> _Exercise material_
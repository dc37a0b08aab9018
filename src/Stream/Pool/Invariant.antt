-- ===== src/Stream/Pool/Invariant.antt =====
-- What bounds the channels of the workers and of the errors, and when `Run` and its workers end.
use learn_go_project.Prelude.{
  ℕ, ℤ, pos, negsuc, ◌≤◌, ◌<◌, ◌^◌, ◌%◌, ◌≡◌, refl, sym, ◌∙◌, ap, true, false, Bool-cases,
  false≢true, ◌⊎◌, inl, inr, Option, none, some, List, [], ◌∷◌, length, length-append, ltb, arith,
}
use learn_go_project.Errors.{Error}
use learn_go_project.Stream.Consumer.{Record}
use learn_go_project.Stream.Pool.{
  Worker, Pool, worker_count, capacity, divisor, worker_at, worker_of, with_worker, enqueue, report,
  Step, look, hand, return_cancelled, return_error, join, take, skip, commit, leave, fail, exit,
  Reachable, at_start, after, fetch, cut_off,
}
use learn_go_project.Stream.Pool.Order.{put-elim}

-- Below 2^31 workers, the conversion to int32 changes nothing.
pub divisor_small : (count : ℕ) → count < 2 ^ 31 → divisor count ≡ count
unfolding divisor
divisor_small count small =
    let low : count % 2 ^ 32 ≡ count = omega (arith, small) in rw low (ground (arith, small))

-- A Go program panics on `x % 0` and on an index out of range: with one worker at least there is a
-- worker for every partition.
pub worker_of_lt : (count : ℕ) (r : Record) → 0 < count → count < 2 ^ 31 → worker_of count r < count
unfolding worker_at
worker_of_lt count r real small = rw (divisor_small count small) (omega (arith, real))

pub worker_count_pos : (workers : ℤ) → 0 < worker_count workers
unfolding worker_count
worker_count_pos (pos n) = ground arith
worker_count_pos (negsuc n) = omega arith

pub list-cases :
    {A : Type 0} (xs : List A) → (xs ≡ []) ⊎ ((x : A) × (rest : List A) × (xs ≡ x ∷ rest))
list-cases [] = inl refl
list-cases (x ∷ rest) = inr (x, rest, refl)

pub nonempty :
    {A : Type 0} (xs : List A) → 0 < length xs → (x : A) × (rest : List A) × (xs ≡ x ∷ rest)
nonempty [] h = absurd (omega arith)
nonempty (x ∷ rest) h = (x, rest, refl)

module _ (count : ℕ) where
  -- The channels hold no more than they can; after an error that no one has received yet there is
  -- one in `errCh`; the context is cancelled and the channels are closed when `Run` got to its return,
  -- and not closed before; and it has waited for all workers.
  pub record IsBounded (s : Pool) : Type 0 where
    pub queues : (w : ℕ) → length (s.workers w).queue ≤ capacity
    pub errors_le : length s.errors ≤ count
    pub reported : (w : ℕ) → s.result ≡ none → (s.workers w).is_stopped ≡ true → 0 < length s.errors
    pub unclosed : s.result ≡ none → s.is_closed ≡ false
    pub shut :
        (e : Option Error) → s.result ≡ some e → (s.is_cancelled ≡ true) × (s.is_closed ≡ true)
    pub waited : s.is_joined ≡ true → (w : ℕ) → w < count → (s.workers w).is_stopped ≡ true

  length-report_le :
      (e : Error) (errors : List Error)
      → length errors ≤ count
      → length (report count e errors) ≤ count
  unfolding report
  length-report_le e errors h = elim (Bool-cases (ltb (length errors) count)) [
    | inl t ↦ rw t (rw (length-append errors (e ∷ [])) (ground (arith, t)))
    | inr t ↦ rw t h
  ]

  report_pos : (e : Error) (errors : List Error) → 0 < count → 0 < length (report count e errors)
  unfolding report
  report_pos e errors h = elim (Bool-cases (ltb (length errors) count)) [
    | inl t ↦ rw t (rw (length-append errors (e ∷ [])) (omega arith))
    | inr t ↦ rw t (ground (arith, t))
  ]

  -- A worker that changes keeps the bounds, if its channel and its being stopped do.
  worker-IsBounded :
      {s : Pool} (w : ℕ) (x : Worker)
      → length x.queue ≤ capacity
      → (x.is_stopped ≡ (s.workers w).is_stopped)
      → IsBounded s
      → IsBounded (with_worker w x s)
  worker-IsBounded {s} w x short same h = record {
    queues = put-elim (λ j y. length y.queue ≤ capacity) w x s.workers short h.queues;
    errors_le = h.errors_le;
    reported = λ k unreturned.
        put-elim (λ j y. y.is_stopped ≡ true → 0 < length s.errors) w x s.workers
          (λ stopped. h.reported w unreturned (sym same ∙ stopped)) (λ j. h.reported j unreturned)
          k;
    unclosed = h.unclosed;
    shut = h.shut;
    waited = λ joined.
        put-elim (λ j y. j < count → y.is_stopped ≡ true) w x s.workers
          (λ known. same ∙ h.waited joined w known) (h.waited joined);
  }

  -- A worker that ends keeps them too, if its end is reported or the channels are closed.
  ending-IsBounded :
      {s : Pool} (w : ℕ) (x : Worker) (errors : List Error)
      → length x.queue ≤ capacity
      → x.is_stopped ≡ true
      → length errors ≤ count
      → (s.result ≡ none → 0 < length errors)
      → IsBounded s
      → IsBounded (record (with_worker w x s) { errors = errors })
  ending-IsBounded {s} w x errors short stopped few reported h = record {
    queues = put-elim (λ j y. length y.queue ≤ capacity) w x s.workers short h.queues;
    errors_le = few;
    reported = λ k unreturned _. reported unreturned;
    unclosed = h.unclosed;
    shut = h.shut;
    waited = λ joined.
        put-elim (λ j y. j < count → y.is_stopped ≡ true) w x s.workers (λ known. stopped)
          (h.waited joined);
  }

  Step-IsBounded : {s t : Pool} → 0 < count → Step count s t → IsBounded s → IsBounded t
  Step-IsBounded {s} real (look unreturned top running no_errors none_left) h = record {
    queues = h.queues;
    errors_le = h.errors_le;
    reported = h.reported;
    unclosed = h.unclosed;
    shut = h.shut;
    waited = h.waited;
  }
  Step-IsBounded {s} real (hand r rest unreturned top divides first room) h =
      let w = worker_of count r in
      let kept =
        worker-IsBounded {s = s} w (enqueue r (s.workers w))
          (rw (length-append (s.workers w).queue (r ∷ [])) (omega (arith, room))) refl h in
      record {
        queues = kept.queues;
        errors_le = kept.errors_le;
        reported = kept.reported;
        unclosed = kept.unclosed;
        shut = kept.shut;
        waited = kept.waited;
      }
  Step-IsBounded {s} real (return_cancelled unreturned late) h = record {
    queues = h.queues;
    errors_le = h.errors_le;
    reported = λ w never. absurd (ground (arith, never));
    unclosed = λ never. absurd (ground (arith, never));
    shut = λ e _. (late, refl);
    waited = h.waited;
  }
  Step-IsBounded {s} real (return_error e rest unreturned top first) h = record {
    queues = h.queues;
    errors_le = omega (arith, h.errors_le, ap length first);
    reported = λ w never. absurd (ground (arith, never));
    unclosed = λ never. absurd (ground (arith, never));
    shut = λ e _. (refl, refl);
    waited = h.waited;
  }
  Step-IsBounded {s} real (join e ended unjoined all_stopped) h = record {
    queues = h.queues;
    errors_le = h.errors_le;
    reported = h.reported;
    unclosed = h.unclosed;
    shut = h.shut;
    waited = λ _. all_stopped;
  }
  Step-IsBounded {s} real (take w r rest known running alive free first) h =
      worker-IsBounded w _ (omega (arith, h.queues w, ap length first)) refl h
  Step-IsBounded {s} real (skip w r rest known late alive free first) h =
      worker-IsBounded w _ (omega (arith, h.queues w, ap length first)) refl h
  Step-IsBounded {s} real (commit w r known busy) h = worker-IsBounded w _ (h.queues w) refl h
  Step-IsBounded {s} real (leave w r known late busy) h = worker-IsBounded w _ (h.queues w) refl h
  Step-IsBounded {s} real (fail w r e known busy) h =
      ending-IsBounded w _ (report count e s.errors) (h.queues w) refl
        (length-report_le e s.errors h.errors_le) (λ _. report_pos e s.errors real) h
  Step-IsBounded {s} real (exit w known closed alive free empty) h =
      let kept =
        ending-IsBounded {s = s} w (record (s.workers w) { is_stopped = true }) s.errors
          (h.queues w) refl h.errors_le
          (λ unreturned. absurd (false≢true (sym (h.unclosed unreturned) ∙ closed))) h in
      record {
        queues = kept.queues;
        errors_le = kept.errors_le;
        reported = kept.reported;
        unclosed = kept.unclosed;
        shut = kept.shut;
        waited = kept.waited;
      }

  pub Reachable-IsBounded : {s : Pool} → 0 < count → Reachable count s → IsBounded s
  Reachable-IsBounded real at_start = record {
    queues = λ w. omega arith;
    errors_le = omega arith;
    reported = λ w unreturned never. absurd (false≢true never);
    unclosed = λ _. refl;
    shut = λ e never. absurd (ground (arith, never));
    waited = λ never. absurd (false≢true never);
  }
  Reachable-IsBounded real (after reached step) =
      Step-IsBounded real step (Reachable-IsBounded real reached)
  Reachable-IsBounded real (fetch rs reached unreturned polling running none_left) =
      let h = Reachable-IsBounded real reached in
      record {
        queues = h.queues;
        errors_le = h.errors_le;
        reported = h.reported;
        unclosed = h.unclosed;
        shut = h.shut;
        waited = h.waited;
      }
  Reachable-IsBounded real (cut_off reached) =
      let h = Reachable-IsBounded real reached in
      record {
        queues = h.queues;
        errors_le = h.errors_le;
        reported = h.reported;
        unclosed = h.unclosed;
        shut = λ e ended. (refl, (h.shut e ended).1);
        waited = h.waited;
      }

> _Work instruction_
Count every line of the records that includes "keeps", and give that number with no other words.

> _Answer to this problem_
2